If they focus just on health – especially if the tenure of the population isn’t a long one – they may be investing in making that person healthy for their competitor when they leave and go to work for somebody else. So there’s a real balance there. The C suite has to be involved in setting up what that balance is going to be for their organization.

David:        There’s a lot of conversation going on around a topic that you may have bumped into called noncompliance. Where do you stand on noncompliant and working with noncompliant individuals as a tool to help move trend and to move claim spend?

Deb:           So that’s an interesting topic because as nurses we work with patients. The whole noncompliance issue is continual. You have to really step back and start thinking about things like Prochaska method and where somebody is on the stages of change scale and those kinds of things. There’s noncompliance for a lot of different reasons. We have to determine whether that noncompliance is what I call the result of free will. “I’m fully educated about the ramifications of my choice but I’m going to make this choice anyway,” versus noncompliance that comes from a position of lack of knowledge.

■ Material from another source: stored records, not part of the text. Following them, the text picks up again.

-- ===== src/Udp/Receive/Partial.antt =====
-- The fragments of one message while they arrive, in any order and any number of times.
use gomcp.Prelude.{
  ℕ, zero, suc, ◌+◌, ◌^◌, ◌≤◌, ◌<◌, ◌≡◌, refl, some, List, [], arith, length, All, ok, Dict, lookup,
  insert, HasDistinctKeys, insert-HasDistinctKeys, insert-All, lookup-All, lookup_of_full,
  KeysBelow, length-le-keys, keys-le-length, nat_key,
}
use gomcp.Udp.Transport.{FragmentInfo}
use gomcp.Udp.Send.Fragments.{joined}
use gomcp.Udp.Receive.{reassemble}
use gomcp.Udp.Receive.Copying.{Holds, reassemble-Holds}

module _ (c : ℕ → List ℕ) (n : ℕ) where
  -- Some of the message's `n` fragments, each with its own content.
  pub record IsPartial (frs : Dict ℕ FragmentInfo) : Type 0 where
    pub distinct : HasDistinctKeys frs
    pub below : KeysBelow n frs
    pub contents : All (λ e. e.1.content ≡ c e.0) frs

  pub IsPartial-nil : IsPartial []
  IsPartial-nil = record { distinct = tt; below = tt; contents = tt }

  pub insert-IsPartial :
      (i now : ℕ) (frs : Dict ℕ FragmentInfo)
      → i < n
      → IsPartial frs
      → IsPartial (insert i (record { received_time = now; content = c i }) frs)
  insert-IsPartial i now frs h p = record {
    distinct = insert-HasDistinctKeys i _ frs p.distinct;
    below = insert-All (λ e. e.0 < n) i _ frs h p.below;
    contents = insert-All (λ e. e.1.content ≡ c e.0) i _ frs refl p.contents;
  }

  -- Every fragment below `n` is there.
  abbrev pub IsComplete : Dict ℕ FragmentInfo → Type 0
  IsComplete frs = (i : ℕ) → i < n → (f : FragmentInfo) × (lookup i frs ≡ some f)

  pub length-IsComplete :
      (frs : Dict ℕ FragmentInfo) → IsPartial frs → IsComplete frs → length frs ≡ n
  length-IsComplete frs p h =
      omega (arith, length-le-keys n frs p.distinct p.below, keys-le-length n frs h)

  complete-Holds :
      (frs : Dict ℕ FragmentInfo) (k i : ℕ)
      → IsPartial frs
      → IsComplete frs
      → i + k ≤ n
      → Holds frs c k i
  complete-Holds frs zero i p h b = tt
  complete-Holds frs (suc k) i p h b =
      let found = h i (omega arith) in
      (
        (found.0, found.1, lookup-All (λ e. e.1.content ≡ c e.0) i found.0 frs p.contents found.1),
        complete-Holds frs k (i + 1) p h (omega arith),
      )

  -- Whenever as many of a message's fragments are there as it has, whatever the order they came in,
  -- reassembly joins them in the order of their indices.
  pub reassemble-full :
      (id : ℕ) (frs : Dict ℕ FragmentInfo)
      → n < 2 ^ 16
      → IsPartial frs
      → length frs ≡ n
      → reassemble id frs ≡ ok (joined c n 0)
  reassemble-full id frs small p e = reassemble-Holds id frs c n e small (
      complete-Holds frs n 0 p (λ i h. lookup_of_full n frs i p.distinct p.below e h) (omega arith))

When it’s coming from a position of lack of knowledge, there’s a lot that can be done, by case management and in particular, medical management, to make sure that that person is equipped with all of the information, resources, support, guidance that they need so that they can make the best choice possible. I talked a little earlier about the HMO world. Most self-funded health plans at least don’t want to dictate treatment. They don’t want to be in the business of practicing medicine for their employees. They’re in the business of making widgets or whatever their core business is. They do want their people to have the information to make the right choices for them.

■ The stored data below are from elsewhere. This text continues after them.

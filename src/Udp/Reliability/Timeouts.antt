-- ===== src/Udp/Reliability/Timeouts.antt =====
-- Which messages `checkTimeouts` queues for retransmission.
use gomcp.Prelude.{
  take-nil, sym, take, ◌-◌, ltb→lt, ltb→le, ℕ, zero, suc, ◌≤◌, ◌<◌, ◌≡◌, refl, ap, ◌∙◌, inl, inr,
  List, [], ◌∷◌, ◌++◌, ltb, if◌then◌else◌, arith, length, length-append, Bool-cases, Dict,
  append_assoc, append-nil,
}
use gomcp.Udp.Reliability.{
  ReliabilityManager, PendingMessage, check_timeouts, queue_due, is_due, offer, retransmit_capacity,
}

-- The ids of the due messages, in the order of the map.
unfoldable pub due_ids : ℕ → Dict ℕ PendingMessage → List ℕ
due_ids now [] = []
due_ids now ((id, pm) ∷ pending) =
    let rest = due_ids now pending in if is_due now pm then id ∷ rest else rest

length-offer :
    (ch : List ℕ) (id : ℕ)
    → length ch ≤ retransmit_capacity
    → length (offer ch id) ≤ retransmit_capacity
length-offer ch id h = ground (arith, length-append ch (id ∷ []))

pub length-queue_due :
    (now : ℕ) (pending : Dict ℕ PendingMessage) (ch : List ℕ)
    → length ch ≤ retransmit_capacity
    → length (queue_due now pending ch) ≤ retransmit_capacity
unfolding queue_due
length-queue_due now [] ch h = h
length-queue_due now ((id, pm) ∷ pending) ch h =
    length-queue_due now pending (if is_due now pm then offer ch id else ch)
      (ground (arith, length-offer ch id h))

take-cons : (k id : ℕ) (ids : List ℕ) → 0 < k → take k (id ∷ ids) ≡ id ∷ take (k - 1) ids
take-cons zero id ids h = absurd (omega arith)
take-cons (suc k) id ids h = ap (λ (n : ℕ). id ∷ take n ids) (omega arith)

queue_due-full :
    (now : ℕ) (pending : Dict ℕ PendingMessage) (ch : List ℕ)
    → length ch ≡ retransmit_capacity
    → queue_due now pending ch ≡ ch
unfolding queue_due
queue_due-full now [] ch h = refl
queue_due-full now ((id, pm) ∷ pending) ch h = ground (arith, queue_due-full now pending ch)

queue_due-take :
    (now : ℕ) (pending : Dict ℕ PendingMessage) (ch : List ℕ)
    → length ch ≤ retransmit_capacity
    → queue_due now pending ch ≡ ch ++ take (retransmit_capacity - length ch) (due_ids now pending)
unfolding queue_due due_ids
queue_due-take now [] ch h =
    rw (take-nil {A = ℕ} (retransmit_capacity - length ch)) (sym (append-nil ch))
queue_due-take now ((id, pm) ∷ pending) ch h = elim (Bool-cases (is_due now pm)) [
  | inr early ↦ rw early (queue_due-take now pending ch h)
  | inl due ↦ elim (Bool-cases (ltb (length ch) retransmit_capacity)) [
    | inr full ↦
        rw (due, full)
          (queue_due-full now pending ch (omega (arith, ltb→le (length ch) 100 full))
            ∙ sym (append-nil ch)
            ∙ ap (λ (k : ℕ). ch ++ take k (id ∷ due_ids now pending))
                (let e : 0 ≡ retransmit_capacity - length ch =
                    omega (arith, ltb→le (length ch) 100 full) in
                  e))
    | inl room ↦
        rw (due, room)
          (queue_due-take now pending (ch ++ (id ∷ []))
              (omega (arith, length-append ch (id ∷ []), ltb→lt (length ch) 100 room))
            ∙ append_assoc ch (id ∷ []) _
            ∙ ap (◌++◌ ch) (
                ap (λ (k : ℕ). id ∷ take k (due_ids now pending))
                  (omega (arith, length-append ch (id ∷ [])))
                ∙ sym (
                    take-cons (retransmit_capacity - length ch) id (due_ids now pending)
                      (omega (arith, ltb→lt (length ch) 100 room)))))
  ]
]

-- A check appends to the channel the ids of the due messages, as many as fit within its capacity of
-- 100 and the first ones first, and changes nothing else of the manager.
pub check_timeouts-queues_due :
    (rm : ReliabilityManager) (now : ℕ)
    → length rm.retransmit_ch ≤ retransmit_capacity
    → check_timeouts rm now ≡ record rm {
      retransmit_ch =
          rm.retransmit_ch
          ++ take (retransmit_capacity - length rm.retransmit_ch) (due_ids now rm.pending_messages);
    }
unfolding check_timeouts
check_timeouts-queues_due rm now h =
    ap (λ ids. record rm { retransmit_ch = ids })
      (queue_due-take now rm.pending_messages rm.retransmit_ch h)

So distinguishing noncompliance into two different categories, the categories I call it a free will versus lack of information and education and then applying Prochaska method and motivational interviewing techniques and things to make sure that that patient has everything that they need.

David:        So we’ve got about a minute or two left. We always like to wrap up by asking our guests where they see the future. You certainly are out on the edge and doing some things that other folks maybe haven’t embraced yet. Where do you see your field going? Where do you see the future?

Deb:           I really feel like we’re at a great crossroads right now. I’m not sure that everybody in the industry recognizes it. I think especially with everything that’s happening politically, one of two things will happen. Either we, meaning those of us in the industry, will step up and revolutionize healthcare or we’ll end up with a single-payer nationalized healthcare kind of system. I think were at that point that in the very short term we’re going to have to make a decision as a country and go one way or the other.

I think that we as an industry have the capability. We have the tech. We have the mind power. We have the resources to truly revolutionize healthcare. I think that the tools are there. The question will become whether those who are providing health plans, the employers that are sponsoring health plans will get on board with it and will grasp it, and whether the big carriers will embrace it or not. Whether the big hospital providers will embrace it or not. I think that’s yet to be seen. I think we’ll go one of two ways. We’ll either revolutionize it and it will be a beautiful thing or we’ll end up in a nationalized system.

David:        Well that certainly is a stark choice and we’d love to have you back as that unfolds and talk to you more about where the direction is. Deb Ault, president at Ault International Medical Management. Nurse Deb, thanks for sharing your expertise with the Shift Shapers audience.

Deb:           Thanks for having me. I look forward to talking again sometime soon.